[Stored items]
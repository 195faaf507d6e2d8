-- ===== src/Trojan/Tests.antt =====
-- crates/clash-proxynet/src/trojan.rs: a request for a name.
use rust_clash.Common.{
  ℕ, ◌<◌, ◌≡◌, ◌⊎◌, refl, Option, none, some, List, [], ◌∷◌, ◌++◌, arith, length, take, replicate,
}
use rust_clash.Text.{Str, codes}
use rust_clash.Utf8.{as_bytes}
use rust_clash.Net.{IpAddr}
use rust_clash.Address.{Stored}
use rust_clash.Address.Written.{read_destination, target_of}
use rust_clash.Trojan.{hex_lower, build_request}
use rust_clash.Trojan.Request.{read_destination-build_request}

abbrev sha : List ℕ → List ℕ
sha bytes = replicate 28 171

hex_run : hex_lower (0 ∷ 171 ∷ []) ≡ codes "00ab"
hex_run = refl

read_destination-build_request_example :
    (let parse_ip : Str → Option IpAddr = λ s. none in
      ((parse_ip (codes "a.org") ≡ none)
        × (255 < length (as_bytes (codes "a.org")))
        × (build_request sha parse_ip (replicate 320 0) (codes "pw") (codes "a.org") 443
            ≡ Stored.string_too_long))
      ⊎ ((destination dest : List ℕ) × (n : ℕ) × (build_request sha parse_ip
              (replicate 320 0)
              (codes "pw")
              (codes "a.org")
              443
            ≡ Stored.stored n dest)
          × (take n dest
              ≡ hex_lower (sha (as_bytes (codes "pw")))
                ++ (13 ∷ 10 ∷ 1 ∷ (destination ++ (13 ∷ 10 ∷ []))))
          × (read_destination destination
              ≡ some (target_of (parse_ip (codes "a.org")) (codes "a.org"), 443))))
read_destination-build_request_example =
    read_destination-build_request sha (λ s. none) (codes "pw") (codes "a.org") 443 refl
      (λ six e. cc e) (omega arith)
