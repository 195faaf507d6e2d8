-- ===== src/TtlLru/Tests.antt =====
-- crates/clash-core/src/utils.rs: a cache that is set and read.
use rust_clash.Common.{ℕ, ◌≡◌, refl, none, some, length, list_eq, nat_eq}
use rust_clash.Text.{Str, codes}
use rust_clash.TtlLru.{TtlLru, new, get, set}
use rust_clash.TtlLru.Bounds.{IsValid, new-IsValid, set-IsValid}
use rust_clash.TtlLru.Order.{list_keys, list_keys-KeysLaw}

-- A cache of numbers, each the length of its key.
abbrev LengthOf : Str → ℕ → Type 0
LengthOf key value = value ≡ length key

abbrev empty : TtlLru ℕ
empty = new 4

set-IsValid_example : IsValid LengthOf (set list_keys 5 6 empty (codes "abc") 3 none)
set-IsValid_example =
    set-IsValid list_keys LengthOf 5 6 empty (codes "abc") 3 none list_keys-KeysLaw
      (new-IsValid LengthOf 4) refl

read_run : (get 600 (set list_keys 5 6 empty (codes "abc") 3 none) (codes "abc")).0 ≡ some 3
unfolding get set list_keys
read_run = refl

expired_run : (get 606 (set list_keys 5 6 empty (codes "abc") 3 none) (codes "abc")).0 ≡ none
unfolding get set list_keys
expired_run = refl
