-- ===== src/Vision.antt =====
-- crates/clash-proxynet/src/vision.rs: the frames that VLESS with xtls-rprx-vision puts around the
-- first bytes in both directions. The states of reading and writing share no field. `buffered` is
-- `buffer[start..end]`, of a buffer of 8192 bytes. `uuid` is the user's identifier, and `detach` is
-- what the session's vision_detach answers: the bytes that the raw stream gives in front of those
-- that arrive. The session and the raw stream are one inner stream.
pub mod Frames
pub mod Due
pub mod Branches
pub mod Handed
pub mod Framed
pub mod Read
pub mod Stream
mod Fuel
pub mod Uplink
pub mod Sent
pub mod Staged
pub mod Account
pub mod Write
pub mod Tunnel
pub mod Tests
use rust_clash.Common.{
  ℕ, zero, suc, ◌+◌, ◌-◌, ◌*◌, ◌/◌, ◌%◌, ◌^◌, Bool, true, false, not, ◌&&◌, ◌||◌, Option, none,
  some, List, [], ◌∷◌, ◌++◌, ltb, leb, ◌==◌, if◌then◌else◌, length, take, drop, at, replicate, be16,
  from_be16, list_beq, nat_eq,
}
use Prim.Native.Nat.{min}
use rust_clash.Text.{is_empty}
use rust_clash.Io.{IoError, Poll, Next, Fed, Reader}

pub data Mode : Type 0 where
  undecided framed raw : Mode

-- The commands, and the sizes.
abbrev pub cmd_continue : ℕ
cmd_continue = 0

abbrev pub cmd_end : ℕ
cmd_end = 1

abbrev pub cmd_direct : ℕ
cmd_direct = 2

abbrev pub max_frame : ℕ
max_frame = 8192

abbrev pub max_padding_only : ℕ
max_padding_only = 64

pub record VisionRead : Type 0 where
  pub mode : Mode
  pub start : ℕ
  pub buffered : List ℕ
  pub command : ℕ
  pub remaining_content : ℕ
  pub remaining_padding : ℕ
  pub padding_only : ℕ
  pub spliced : Option (List ℕ)

abbrev pub new_read : VisionRead
new_read = record {
  mode = Mode.undecided;
  start = 0;
  buffered = [];
  command = 0;
  remaining_content = 0;
  remaining_padding = 0;
  padding_only = 0;
  spliced = none;
}

-- `self.start += n`.
abbrev pub consume : ℕ → VisionRead → VisionRead
consume n s = record s { start = s.start + n; buffered = drop n s.buffered }

unfoldable pub compact : ℕ → VisionRead → VisionRead
unfolding is_empty
compact need s =
    if is_empty s.buffered
    then record s { start = 0 }
    else if leb (s.start + length s.buffered + need) max_frame
    then s
    else record s { start = 0 }

-- `fill_from_session`, up to its read. It is called with fewer than 21 bytes, so that there is
-- room.
unfoldable pub fill_from_session : VisionRead → Next VisionRead
unfolding compact
fill_from_session s =
    let t = compact 1 s in Next.want (min 2048 (max_frame - (t.start + length t.buffered))) t

-- The answer `true` is the state that was decided.
unfoldable pub try_decide : List ℕ → VisionRead → Option VisionRead
try_decide uuid s =
    let compared = min (length s.buffered) 16 in
    if ltb 0 compared && not (list_beq (take compared s.buffered) (take compared uuid))
    then some (record s { mode = Mode.raw })
    else if ltb (length s.buffered) 21
    then none
    else some (record (consume 16 s) { mode = Mode.framed })

-- The answer says whether the frame is accepted.
unfoldable pub read_frame_header : VisionRead → Bool × VisionRead
read_frame_header s =
    let content = from_be16 (at s.buffered 1) (at s.buffered 2) in
    let padding = from_be16 (at s.buffered 3) (at s.buffered 4) in
    let read = record s {
      command = at s.buffered 0;
      remaining_content = content;
      remaining_padding = padding;
    } in
    if ltb max_frame (content + padding + 5)
    then (false, read)
    else if ltb 0 content
    then (true, record (consume 5 read) { padding_only = 0 })
    else (
      leb (s.padding_only + 1) max_padding_only,
      record (consume 5 read) { padding_only = s.padding_only + 1 },
    )

-- `buf.put_slice` of what is in front, with the room in the caller's buffer.
unfoldable pub read_raw : ℕ → VisionRead → Next VisionRead
read_raw room s = elim s.buffered [
  | ◌∷◌ b bytes ↦
      let n = min (length (b ∷ bytes)) room in
      Next.stop (Poll.ready (take n (b ∷ bytes))) (consume n s)
  | [] ↦ elim s.spliced [
    | none ↦ Next.want room s
    | some [] ↦ Next.want room s
    | some (◌∷◌ b front) ↦
        Next.stop (Poll.ready (take room (b ∷ front)))
          (record s { spliced = some (drop room (b ∷ front)) })
  ]
]

unfoldable pub feed : VisionRead → List ℕ → Fed VisionRead
feed s got =
    let filled = record s { buffered = s.buffered ++ got } in
    let nothing : Fed VisionRead = elim s.mode [
      | Mode.raw ↦ Fed.done (Poll.ready []) s
      | Mode.undecided ↦ Fed.again (record s { mode = Mode.raw })
      | Mode.framed ↦
          if s.remaining_content == 0 && s.remaining_padding == 0 && is_empty s.buffered
          then Fed.done (Poll.ready []) s
          else Fed.done (Poll.failed IoError.unexpected_eof) s
    ] in
    let something : Fed VisionRead = elim s.mode [
      | Mode.raw ↦ Fed.done (Poll.ready got) s
      | Mode.undecided ↦ Fed.again filled
      | Mode.framed ↦ Fed.again filled
    ] in
    elim got [ [] ↦ nothing | ◌∷◌ b bytes ↦ something ]

module _ (uuid : List ℕ) (detach : List ℕ → Option (List ℕ)) where
  unfoldable pub finish_framing : VisionRead → VisionRead
  finish_framing s =
      if s.command == cmd_direct
      then elim (detach s.buffered) [
        | none ↦ record (consume (length s.buffered) s) { mode = Mode.raw }
        | some front ↦ record (consume (length s.buffered) s) {
          mode = Mode.raw;
          spliced = some front;
        }
      ]
      else record s { mode = Mode.raw }

  -- The branch for `Mode::Framed`, behind which `loop` goes on.
  unfoldable pub read_framed : (VisionRead → Next VisionRead) → ℕ → VisionRead → Next VisionRead
  unfolding finish_framing read_frame_header fill_from_session
  read_framed loop room s =
      let (accepted, t) = read_frame_header s in
      let finished = loop (finish_framing s) in
      let next = loop t in
      let skip = min s.remaining_padding (length s.buffered) in
      let skipped =
        loop (record (consume skip s) { remaining_padding = s.remaining_padding - skip }) in
      let n = min (min s.remaining_content (length s.buffered)) room in
      if s.remaining_content == 0 && s.remaining_padding == 0
      then (if s.command == cmd_end || s.command == cmd_direct
          then finished
          else if ltb (length s.buffered) 5
          then fill_from_session s
          else if accepted
          then next
          else Next.stop (Poll.failed IoError.other) t)
      else if length s.buffered == 0
      then fill_from_session s
      else if ltb 0 s.remaining_content
      then Next.stop (Poll.ready (take n s.buffered))
          (record (consume n s) { remaining_content = s.remaining_content - n })
      else skipped

  -- The loop, for a number of rounds.
  unfoldable pub decide_loop : ℕ → ℕ → VisionRead → Next VisionRead
  unfolding try_decide read_framed read_raw
  decide_loop zero room s = Next.want 2048 s
  decide_loop (suc fuel) room s = elim s.mode [
    | Mode.raw ↦ read_raw room s
    | Mode.undecided ↦ elim (try_decide uuid s) [
      | none ↦ fill_from_session s
      | some t ↦ decide_loop fuel room t
    ]
    | Mode.framed ↦ read_framed (λ t. decide_loop fuel room t) room s
  ]

  -- A round takes bytes out of the buffer or changes the mode for a later one.
  unfoldable pub settle : ℕ → VisionRead → Next VisionRead
  unfolding decide_loop
  settle room s = decide_loop (length s.buffered + 3) room s

  -- `poll_read` is `Io.poll` of this reader.
  abbrev pub reader : Reader VisionRead
  reader = record { settle = settle; feed = feed }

## WORK INSTRUCTION:
Taking the lines above, repeat exactly those from the line that contains "(255 < length" through the line that contains "(take n dest", and both of those lines as well. Include nothing else.

## TASK ANSWER:
        × (255 < length (as_bytes (codes "a.org")))
        × (build_request sha parse_ip (replicate 320 0) (codes "pw") (codes "a.org") 443
            ≡ Stored.string_too_long))
      ⊎ ((destination dest : List ℕ) × (n : ℕ) × (build_request sha parse_ip
              (replicate 320 0)
              (codes "pw")
              (codes "a.org")
              443
            ≡ Stored.stored n dest)
          × (take n dest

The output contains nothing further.